### [Your assignment]
Every line below between the one holding "0) ≡ false)" and the one holding "gesture.motion ≡ true)", inclusive, should be copied exactly, and no other line.

### [Listed records]
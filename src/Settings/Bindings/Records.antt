-- ===== src/Settings/Bindings/Records.antt =====
-- src/core/settings/: proofs on the directives of one name, written and read back.
use mathlib.Core.List.{append-nil}
use g0wm.Common.{
  ◌≡◌, refl, ap, ◌∙◌, false, Option, none, some, List, [], ◌∷◌, ◌++◌, Bytes, bytes_eq,
  bytes_eq_refl,
}
use g0wm.Settings.Types.{Block, nothing, directive}
use g0wm.Settings.Bindings.{records, write_records, Bindings}

-- An element that is written and read back as itself.
abbrev pub Returns {ℓ} :
    {A : Type ℓ} → (A → Option (List Bytes)) → (List Bytes → Option A) → A → Type ℓ
Returns print parse a = (params : List Bytes) × (print a ≡ some params) × (parse params ≡ some a)

abbrev pub AllReturn {ℓ} :
    {A : Type ℓ} → (A → Option (List Bytes)) → (List Bytes → Option A) → List A → Type ℓ
AllReturn print parse [] = Unit
AllReturn print parse (a ∷ xs) = Returns print parse a × AllReturn print parse xs

abbrev pub AllWritables {ℓ ℓ'} : {A : Type ℓ} → (A → Type ℓ') → List A → Type ℓ'
AllWritables P [] = Unit
AllWritables P (a ∷ xs) = P a × AllWritables P xs

pub all_return {ℓ ℓ'} :
    {A : Type ℓ} {P : A → Type ℓ'} (print : A → Option (List Bytes)) (parse : List Bytes → Option A)
    (xs : List A)
    → ((a : A) → P a → Returns print parse a)
    → AllWritables P xs
    → AllReturn print parse xs
all_return print parse [] f h = tt
all_return print parse (a ∷ xs) f h = (f a h.0, all_return print parse xs f h.1)

records-write_records {ℓ} :
    {A : Type ℓ} (name : Bytes) (print : A → Option (List Bytes)) (parse : List Bytes → Option A)
    (xs : List A) (rest : Block)
    → AllReturn print parse xs
    → records name parse (write_records name print xs rest) ≡ xs ++ records name parse rest
unfolding records write_records
records-write_records name print parse [] rest h = refl
records-write_records name print parse (a ∷ xs) rest ((params, e, f), h) =
    rw (write_records, e, records, bytes_eq_refl name, f)
      (ap (λ l. a ∷ l) (records-write_records name print parse xs rest h))

pub records-passed {ℓ ℓ'} :
    {A : Type ℓ} {B : Type ℓ'} (name other : Bytes) (print : B → Option (List Bytes))
    (parse : List Bytes → Option A) (xs : List B) (rest : Block)
    → bytes_eq other name ≡ false
    → records name parse (write_records other print xs rest) ≡ records name parse rest
unfolding records write_records
records-passed name other print parse [] rest h = refl
records-passed name other print parse (b ∷ xs) rest h =
    go (print b) (records-passed name other print parse xs rest h)
  where
    go :
        (printed : Option (List Bytes))
        → records name parse (write_records other print xs rest) ≡ records name parse rest
        → records name parse (elim printed as (λ _. Block) [
          | none ↦ write_records other print xs rest
          | some params ↦ directive other params nothing (write_records other print xs rest)
        ])
          ≡ records name parse rest
    go none e = e
    go (some params) e = rw h e

pub read_back {ℓ} :
    {A : Type ℓ} (name : Bytes) (print : A → Option (List Bytes)) (parse : List Bytes → Option A)
    (xs : List A) (rest : Block)
    → AllReturn print parse xs
    → records name parse rest ≡ []
    → records name parse (write_records name print xs rest) ≡ xs
read_back name print parse xs rest h e =
    records-write_records name print parse xs rest h ∙ rw e (append-nil xs)

pub passed {ℓ ℓ'} :
    {A : Type ℓ} {B : Type ℓ'} (name other : Bytes) (print : B → Option (List Bytes))
    (parse : List Bytes → Option A) (xs : List B) (rest : Block)
    → bytes_eq other name ≡ false
    → records name parse rest ≡ []
    → records name parse (write_records other print xs rest) ≡ []
passed name other print parse xs rest h e = records-passed name other print parse xs rest h ∙ e

pub same_bindings :
    {D : Type 0} {a b : Bindings D}
    → a.keys ≡ b.keys
    → a.buttons ≡ b.buttons
    → a.gestures ≡ b.gestures
    → a.pad_buttons ≡ b.pad_buttons
    → a ≡ b
same_bindings e f g h = λ i. record { keys = e i; buttons = f i; gestures = g i; pad_buttons = h i }
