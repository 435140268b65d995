-- ===== src/Settings/Bindings/RoundTrip.antt =====
-- src/core/settings/: proofs on reading the bindings that were written.
use g0wm.Common.{ℕ, ◌<◌, ◌≡◌, refl, ◌∙◌, true, false, Option, some, [], ◌∷◌, ◌==◌, Bytes}
use g0wm.Settings.Types.{Block, Numbers, lit}
use g0wm.Settings.Names.{has_value, DistinctNames, enum_name, enum_value-enum_name}
use g0wm.Settings.Word.{carried, one_line, carried_same}
use g0wm.Settings.Combo.{write_combo, no_plus, AreReadable, picked, total, split_mods-write_combo}
use g0wm.Settings.RoundTrip.Covers.{IsPrinting}
use g0wm.Settings.Bindings.{
  Names, Arg, Action, action_by_name, action_by_func, write_arg, Key, Button, Gesture, PadButton,
  records, read_key, read_button, read_gesture, read_pad_button, print_key, print_button,
  print_gesture, print_pad_button, Bindings, apply_bindings, write_bindings,
}
use g0wm.Settings.Bindings.Records.{
  Returns, AllWritables, all_return, records-passed, read_back, passed, same_bindings,
}
use g0wm.Settings.Bindings.Lines.{has_some, records-lines_or_builtin}
use g0wm.Settings.Bindings.Reading.{WritableArg, uint_value-show_uint, get_arg-write_arg}

module _ {D : Type 0} (d : Numbers D) (zero_value : D) (names : Names) where
  -- A function that is an action with a name of its own, and an argument that the action has.
  abbrev pub Nameable : Bytes → Arg D → Type 0
  Nameable func a =
      (action : Action) × (action_by_func names.actions func ≡ some action)
      × (action_by_name names.actions (some action.name) ≡ some action)
      × (action.func ≡ func)
      × (one_line action.name ≡ true)
      × WritableArg d zero_value names action.arg a

  -- The modifiers are made of those in the table.
  abbrev pub Combined : ℕ → Type 0
  Combined modifiers = total 0 (picked names.modifier_names modifiers) ≡ modifiers

  abbrev pub WritableKey : Key D → Type 0
  WritableKey key =
      Nameable key.func key.arg
      × Combined key.modifiers
      × ((key_name : Bytes) × (names.keysym_get_name key.keysym ≡ some key_name)
          × (names.keysym_from_name key_name ≡ key.keysym)
          × (no_plus key_name ≡ true))
      × ((key.keysym == 0) ≡ false)

  abbrev pub WritableButton : Button D → Type 0
  WritableButton button =
      Nameable button.func button.arg
      × Combined button.modifiers
      × (has_value names.click_areas button.click ≡ true)
      × (one_line (enum_name names.click_areas button.click) ≡ true)
      × (has_value names.mouse_buttons button.button ≡ true)
      × (no_plus (enum_name names.mouse_buttons button.button) ≡ true)

  abbrev pub WritableGesture : Gesture D → Type 0
  WritableGesture gesture =
      Nameable gesture.func gesture.arg
      × (has_value names.gesture_motions gesture.motion ≡ true)
      × (one_line (enum_name names.gesture_motions gesture.motion) ≡ true)
      × (gesture.fingers < 4294967296)

  abbrev pub WritablePadButton : PadButton D → Type 0
  WritablePadButton pad_button =
      Nameable pad_button.func pad_button.arg × (pad_button.button < 4294967296)

  module _ (law : IsPrinting d) (readable : AreReadable names.modifier_names names.modifier_names)
      (areas : DistinctNames names.click_areas) (mice : DistinctNames names.mouse_buttons)
      (motions : DistinctNames names.gesture_motions) where
    key-Returns :
        (key : Key D)
        → WritableKey key
        → Returns (print_key d zero_value names) (read_key d zero_value names) key
    unfolding print_key read_key
    key-Returns key
          (
            (action, by_func, by_name, same, line, ok),
            made,
            (key_name, get, from, plain),
            nonzero,
          ) =
        let combo = write_combo names.modifier_names key.modifiers key_name in
        let words = write_arg d zero_value names action.arg key.arg in
        (
          combo ∷ carried d action.name ∷ words,
          rw (print_key, by_func, get) refl,
          rw
              (
                read_key,
                carried_same d action.name law.reading line,
                by_name,
                split_mods-write_combo names.modifier_names key.modifiers key_name readable plain,
                from,
                nonzero,
                get_arg-write_arg d zero_value names law action.arg key.arg
                    (combo ∷ carried d action.name ∷ []) ok,
                made,
                same,
              )
              refl,
        )

    button-Returns :
        (button : Button D)
        → WritableButton button
        → Returns (print_button d zero_value names) (read_button d zero_value names) button
    unfolding print_button read_button
    button-Returns button
          ((action, by_func, by_name, same, line, ok), made, area, area_line, mouse, plain) =
        let area_name = enum_name names.click_areas button.click in
        let mouse_name = enum_name names.mouse_buttons button.button in
        let combo = write_combo names.modifier_names button.modifiers mouse_name in
        let words = write_arg d zero_value names action.arg button.arg in
        (
          carried d area_name ∷ combo ∷ carried d action.name ∷ words,
          rw (print_button, by_func) refl,
          rw
              (
                read_button,
                carried_same d action.name law.reading line,
                by_name,
                split_mods-write_combo names.modifier_names button.modifiers mouse_name readable
                    plain,
                carried_same d area_name law.reading area_line,
                enum_value-enum_name names.click_areas button.click 4 areas area,
                enum_value-enum_name names.mouse_buttons button.button names.btn_left mice mouse,
                get_arg-write_arg d zero_value names law action.arg button.arg
                    (area_name ∷ combo ∷ carried d action.name ∷ []) ok,
                made,
                same,
              )
              refl,
        )

    gesture-Returns :
        (gesture : Gesture D)
        → WritableGesture gesture
        → Returns (print_gesture d zero_value names) (read_gesture d zero_value names) gesture
    unfolding print_gesture read_gesture
    gesture-Returns gesture
          ((action, by_func, by_name, same, line, ok), motion, motion_line, fingers) =
        let motion_name = enum_name names.gesture_motions gesture.motion in
        let count = d.show_uint gesture.fingers in
        let words = write_arg d zero_value names action.arg gesture.arg in
        (
          carried d motion_name ∷ count ∷ carried d action.name ∷ words,
          rw (print_gesture, by_func) refl,
          rw
              (
                read_gesture,
                carried_same d action.name law.reading line,
                by_name,
                carried_same d motion_name law.reading motion_line,
                enum_value-enum_name names.gesture_motions gesture.motion 0 motions motion,
                uint_value-show_uint d zero_value names law gesture.fingers 3 fingers,
                get_arg-write_arg d zero_value names law action.arg gesture.arg
                    (motion_name ∷ count ∷ carried d action.name ∷ []) ok,
                same,
              )
              refl,
        )

    pad_button-Returns :
        (pad_button : PadButton D)
        → WritablePadButton pad_button
        → Returns
            (print_pad_button d zero_value names)
            (read_pad_button d zero_value names)
            pad_button
    unfolding print_pad_button read_pad_button
    pad_button-Returns pad_button ((action, by_func, by_name, same, line, ok), number) =
        let count = d.show_uint pad_button.button in
        let words = write_arg d zero_value names action.arg pad_button.arg in
        (
          count ∷ carried d action.name ∷ words,
          rw (print_pad_button, by_func) refl,
          rw
              (
                read_pad_button,
                carried_same d action.name law.reading line,
                by_name,
                uint_value-show_uint d zero_value names law pad_button.button 0 number,
                get_arg-write_arg d zero_value names law action.arg pad_button.arg
                    (count ∷ carried d action.name ∷ []) ok,
                same,
              )
              refl,
        )

    keys_back :
        (b : Bindings D)
        → AllWritables WritableKey b.keys
        → records (lit "key") (read_key d zero_value names) (write_bindings d zero_value names b)
          ≡ b.keys
    unfolding write_bindings records
    keys_back b keys =
        read_back (lit "key") (print_key d zero_value names) (read_key d zero_value names) b.keys _
          (all_return (print_key d zero_value names) (read_key d zero_value names) b.keys
            key-Returns keys)
          (passed _ _ _ _ _ _ refl (passed _ _ _ _ _ _ refl (passed _ _ _ _ _ _ refl refl)))

    buttons_back :
        (b : Bindings D)
        → AllWritables WritableButton b.buttons
        → records
            (lit "button")
            (read_button d zero_value names)
            (write_bindings d zero_value names b)
          ≡ b.buttons
    unfolding write_bindings records
    buttons_back b buttons =
        records-passed _ _ _ _ _ _ refl
        ∙ read_back (lit "button") (print_button d zero_value names)
            (read_button d zero_value names) b.buttons _
            (all_return (print_button d zero_value names) (read_button d zero_value names) b.buttons
              button-Returns buttons)
            (passed _ _ _ _ _ _ refl (passed _ _ _ _ _ _ refl refl))

    gestures_back :
        (b : Bindings D)
        → AllWritables WritableGesture b.gestures
        → records
            (lit "gesture")
            (read_gesture d zero_value names)
            (write_bindings d zero_value names b)
          ≡ b.gestures
    unfolding write_bindings records
    gestures_back b gestures =
        records-passed _ _ _ _ _ _ refl
        ∙ (records-passed _ _ _ _ _ _ refl
            ∙ read_back (lit "gesture") (print_gesture d zero_value names)
                (read_gesture d zero_value names) b.gestures _
                (all_return (print_gesture d zero_value names) (read_gesture d zero_value names)
                  b.gestures gesture-Returns gestures)
                (passed _ _ _ _ _ _ refl refl))

    pad_buttons_back :
        (b : Bindings D)
        → AllWritables WritablePadButton b.pad_buttons
        → records
            (lit "padbutton")
            (read_pad_button d zero_value names)
            (write_bindings d zero_value names b)
          ≡ b.pad_buttons
    unfolding write_bindings records
    pad_buttons_back b pads =
        records-passed _ _ _ _ _ _ refl
        ∙ (records-passed _ _ _ _ _ _ refl
            ∙ (records-passed _ _ _ _ _ _ refl
                ∙ read_back (lit "padbutton") (print_pad_button d zero_value names)
                    (read_pad_button d zero_value names) b.pad_buttons _
                    (all_return (print_pad_button d zero_value names)
                      (read_pad_button d zero_value names) b.pad_buttons pad_button-Returns pads)
                    refl))

    -- The bindings that are written are read back as they were, all and in their order, whatever is
    -- built in: if there is one of each kind at least, the numbers of the C library read back as they are
    -- printed, scfg reads a word without special bytes as it is and takes the quotes and backslashes off
    -- another one, the names of the modifiers are readable, no click area, mouse button or motion has its
    -- name twice, and every binding is writable: its function is an action that has a name of its own, its
    -- argument is one that the action has, its modifiers and the rest are in the tables, its key has a name
    -- that xkbcommon reads back, and no word of it has a newline.
    pub apply_bindings-write_bindings :
        (builtin : Option Block) (b : Bindings D)
        → AllWritables WritableKey b.keys
        → AllWritables WritableButton b.buttons
        → AllWritables WritableGesture b.gestures
        → AllWritables WritablePadButton b.pad_buttons
        → has_some b.keys ≡ true
        → has_some b.buttons ≡ true
        → has_some b.gestures ≡ true
        → has_some b.pad_buttons ≡ true
        → apply_bindings d zero_value names builtin (write_bindings d zero_value names b) ≡ b
    unfolding apply_bindings
    apply_bindings-write_bindings builtin b keys buttons gestures pads some_key some_button
          some_gesture some_pad =
        let block = write_bindings d zero_value names b in
        same_bindings
          (records-lines_or_builtin (lit "key") (read_key d zero_value names) builtin block b.keys
            (keys_back b keys) some_key)
          (records-lines_or_builtin (lit "button") (read_button d zero_value names) builtin block
            b.buttons (buttons_back b buttons) some_button)
          (records-lines_or_builtin (lit "gesture") (read_gesture d zero_value names) builtin block
            b.gestures (gestures_back b gestures) some_gesture)
          (records-lines_or_builtin (lit "padbutton") (read_pad_button d zero_value names) builtin
            block b.pad_buttons (pad_buttons_back b pads) some_pad)
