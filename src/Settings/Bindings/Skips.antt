-- ===== src/Settings/Bindings/Skips.antt =====
-- src/core/settings/read.c: proofs on lines that bind nothing.
use g0wm.Common.{◌≡◌, none, List, Bytes}
use g0wm.Settings.Types.{Block, nothing, directive, Numbers}
use g0wm.Settings.Getters.{nth}
use g0wm.Settings.Bindings.{Names, action_by_name}

-- The directives of a block in front of another one.
abbrev pub splice : Block → Block → Block
splice nothing after = after
splice (directive name params children rest) after =
    directive name params children (splice rest after)

module _ {D : Type 0} (d : Numbers D) (zero_value : D) (names : Names) where
  -- A line with parameters that name no action.
  abbrev pub NoAction : List Bytes → Type 0
  NoAction params =
      (action_by_name names.actions (nth params 1) ≡ none)
      × (action_by_name names.actions (nth params 2) ≡ none)
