-- ===== src/HttpBinding/Template/Clone.antt =====
-- cloneJSONValue of internal/httpbinding/template.go.
use mcpshim.Prelude.{ℕ, zero, suc, ◌≡◌, ok, bind-eq-ok, arith}
use mcpshim.Value.{
  Value, null, bool, num, str, arr, obj, Items, nil, cons, Fields, end, field, Numbers,
}
use mcpshim.HttpBinding.Template.{Rendered, clone_fields, clone_items, clone_json_value}

module _ (n : Numbers) where
  clone_fields-eq :
      (clone : Value n.Num → Rendered (Value n.Num))
      → ((v w : Value n.Num) → clone v ≡ ok w → w ≡ v)
      → (fs gs : Fields n.Num) → clone_fields n clone fs ≡ ok gs
      → gs ≡ fs
  unfolding clone_fields
  clone_fields-eq clone h end gs e = ground arith
  clone_fields-eq clone h (field k v fs) gs e =
      let (v', cv, rest) = bind-eq-ok (clone v) _ e in
      let (fs', cf, done) = bind-eq-ok (clone_fields n clone fs) _ rest in
      cc (h v v' cv, clone_fields-eq clone h fs fs' cf)

  clone_items-eq :
      (clone : Value n.Num → Rendered (Value n.Num))
      → ((v w : Value n.Num) → clone v ≡ ok w → w ≡ v)
      → (xs ys : Items n.Num) → clone_items n clone xs ≡ ok ys
      → ys ≡ xs
  unfolding clone_items
  clone_items-eq clone h nil ys e = ground arith
  clone_items-eq clone h (cons v xs) ys e =
      let (v', cv, rest) = bind-eq-ok (clone v) _ e in
      let (xs', cx, done) = bind-eq-ok (clone_items n clone xs) _ rest in
      cc (h v v' cv, clone_items-eq clone h xs xs' cx)

  -- A copy that is made is the value itself.
  pub clone_json_value-eq :
      (levels : ℕ) (v w : Value n.Num) → clone_json_value n levels v ≡ ok w → w ≡ v
  unfolding clone_json_value
  clone_json_value-eq zero v w e = cc
  clone_json_value-eq (suc levels) (obj fs) w e =
      let (gs, c, done) = bind-eq-ok (clone_fields n (clone_json_value n levels) fs) _ e in
      cc (clone_fields-eq (clone_json_value n levels) (clone_json_value-eq levels) fs gs c)
  clone_json_value-eq (suc levels) (arr xs) w e =
      let (ys, c, done) = bind-eq-ok (clone_items n (clone_json_value n levels) xs) _ e in
      cc (clone_items-eq (clone_json_value n levels) (clone_json_value-eq levels) xs ys c)
  clone_json_value-eq (suc levels) null w e = cc
  clone_json_value-eq (suc levels) (bool b) w e = cc
  clone_json_value-eq (suc levels) (num x) w e = cc
  clone_json_value-eq (suc levels) (str s) w e = cc
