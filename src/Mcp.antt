-- ===== src/Mcp.antt =====
-- internal/mcp: the health of the configured servers and the registry of their tools.
pub mod State
pub mod Registry
pub mod Resources
pub mod Sessions
pub mod Overview
pub mod Login
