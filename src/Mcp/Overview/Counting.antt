-- ===== src/Mcp/Overview/Counting.antt =====
-- The counts of Health in internal/mcp/mcp.go.
use mcpshim.Prelude.{ℕ, ◌+◌, ◌≡◌, refl, ◌∙◌, List, [], ◌∷◌, length, Text, Map, arith}
use mcpshim.Config.Types.{McpServer}
use mcpshim.Mcp.State.{ServerState}
use mcpshim.Mcp.Registry.{Registry}
use mcpshim.Mcp.Overview.{bump, status_text, status_of, health_of, health}

abbrev pub total : Map ℕ → ℕ
total [] = 0
total ((k, n) ∷ m) = n + total m

total-bump : (k : Text) (m : Map ℕ) → total (bump k m) ≡ total m + 1
unfolding bump
total-bump k [] = refl
total-bump k ((j, n) ∷ m) = ground (arith, total-bump k m)

total-health_of :
    (states : Map ServerState) (servers : List McpServer) (counts : Map ℕ) (blocked : List Text)
    → total (health_of states servers counts blocked).0 ≡ total counts + length servers
unfolding health_of
total-health_of states [] counts blocked = omega arith
total-health_of states (s ∷ servers) counts blocked =
    let k = status_text (status_of states s.name) in
    let first = total-bump k counts in
    total-health_of states servers (bump k counts) _ ∙ omega (arith, first)

-- Health counts every configured server once: the counts of all statuses add up to the number of
-- the servers.
pub total-health : {A : Type 0} → (r : Registry A) → total (health r).0 ≡ length r.servers
unfolding health
total-health r = let counted = total-health_of r.states r.servers [] [] in omega (arith, counted)
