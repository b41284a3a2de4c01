-- ===== src/Mcp/State/Tally.antt =====
-- What the status of a server says of its count of failures, and the delays of the schedule.
use mcpshim.Prelude.{
  ℕ, zero, suc, ◌+◌, ◌≤◌, ◌<◌, ◌≡◌, Bool, true, false, Option, none, List, ◌∷◌, length, Text, pos,
  arith, ◌==◌, ap, if◌then◌else◌,
}
use mcpshim.Mcp.State.{
  Status, unknown, healthy, degraded, failed, auth_required, ServerState, Time, Channel,
  record_success, record_failure, schedule_retry, at_index, backoff_delay, clamp_index,
}

-- The count of consecutive failures that a status stands for.
abbrev pub Counts : Status → ℕ → Type 0
Counts unknown k = k ≡ 0
Counts healthy k = k ≡ 0
Counts degraded k = k ≡ 1
Counts failed k = 2 ≤ k
Counts auth_required k = 1 ≤ k

-- A well-formed state: the status agrees with the count of failures, and a retry time is set only
-- beside a channel that can cancel it.
pub record IsTallied (s : ServerState) : Type 0 where
  pub counts : Counts s.status s.attempt_count
  pub pending : s.retry_cancel ≡ none → s.pending_retry_at ≡ 0

pub record_success-IsTallied :
    (s : ServerState) (now : Time) → IsTallied s → IsTallied (record_success s now).0
unfolding record_success
record_success-IsTallied s now h = ground arith

failure-Counts :
    (k : ℕ) (authorize : Bool)
    → Counts (if authorize then auth_required else if k == 0 then degraded else failed) (k + 1)
failure-Counts k true = omega arith
failure-Counts zero false = omega arith
failure-Counts (suc k) false =
    let more : (suc k == 0) ≡ false = ground arith in rw more (omega arith)

pub record_failure-IsTallied :
    (s : ServerState) (err : Option Text) (authorize : Bool) (now : Time)
    → IsTallied s
    → IsTallied (record_failure s err authorize now).0
unfolding record_failure
record_failure-IsTallied s err authorize now h = record {
  counts = failure-Counts s.attempt_count authorize;
  pending = h.pending;
}

pub schedule_retry-IsTallied :
    (s : ServerState) (delay : ℕ) (channel : Channel) (now : Time)
    → IsTallied s
    → IsTallied (schedule_retry s delay channel now).0
unfolding schedule_retry
schedule_retry-IsTallied s delay channel now h = ground arith

clamp_last : (n i : ℕ) → n ≤ i → clamp_index (pos i) (suc n) ≡ n
unfolding clamp_index
clamp_last n i h = ground arith

clamp_within : (n i : ℕ) → i < n → clamp_index (pos i) n ≡ i
unfolding clamp_index
clamp_within n i h = ground arith

-- A failure within the schedule waits for its own entry.
pub backoff_delay-within :
    (d : ℕ) (schedule : List ℕ) (i : ℕ)
    → i < length (d ∷ schedule)
    → backoff_delay (d ∷ schedule) (pos i) ≡ at_index (d ∷ schedule) i
unfolding backoff_delay
backoff_delay-within d schedule i h =
    ap (at_index (d ∷ schedule)) (clamp_within (length (d ∷ schedule)) i h)

-- Every failure from the last entry on waits for the last entry.
pub backoff_delay-cap :
    (d : ℕ) (schedule : List ℕ) (i : ℕ)
    → length schedule ≤ i
    → backoff_delay (d ∷ schedule) (pos i) ≡ at_index (d ∷ schedule) (length schedule)
unfolding backoff_delay
backoff_delay-cap d schedule i h = ap (at_index (d ∷ schedule)) (clamp_last (length schedule) i h)
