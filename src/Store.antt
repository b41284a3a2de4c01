-- ===== src/Store.antt =====
-- internal/store/sqlite.go: the SQLite tables of the daemon. A table is the list of its rows, and a
-- statement does to it what its SQL says; whether a call of the database succeeds is an argument.
pub mod History
pub mod Tokens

### [Task answer]
      × ((key.keysym == 0) ≡ false)

  abbrev pub WritableButton : Button D → Type 0
  WritableButton button =
      Nameable button.func button.arg
      × Combined button.modifiers
      × (has_value names.click_areas button.click ≡ true)
      × (one_line (enum_name names.click_areas button.click) ≡ true)
      × (has_value names.mouse_buttons button.button ≡ true)
      × (no_plus (enum_name names.mouse_buttons button.button) ≡ true)

  abbrev pub WritableGesture : Gesture D → Type 0
  WritableGesture gesture =
      Nameable gesture.func gesture.arg
      × (has_value names.gesture_motions gesture.motion ≡ true)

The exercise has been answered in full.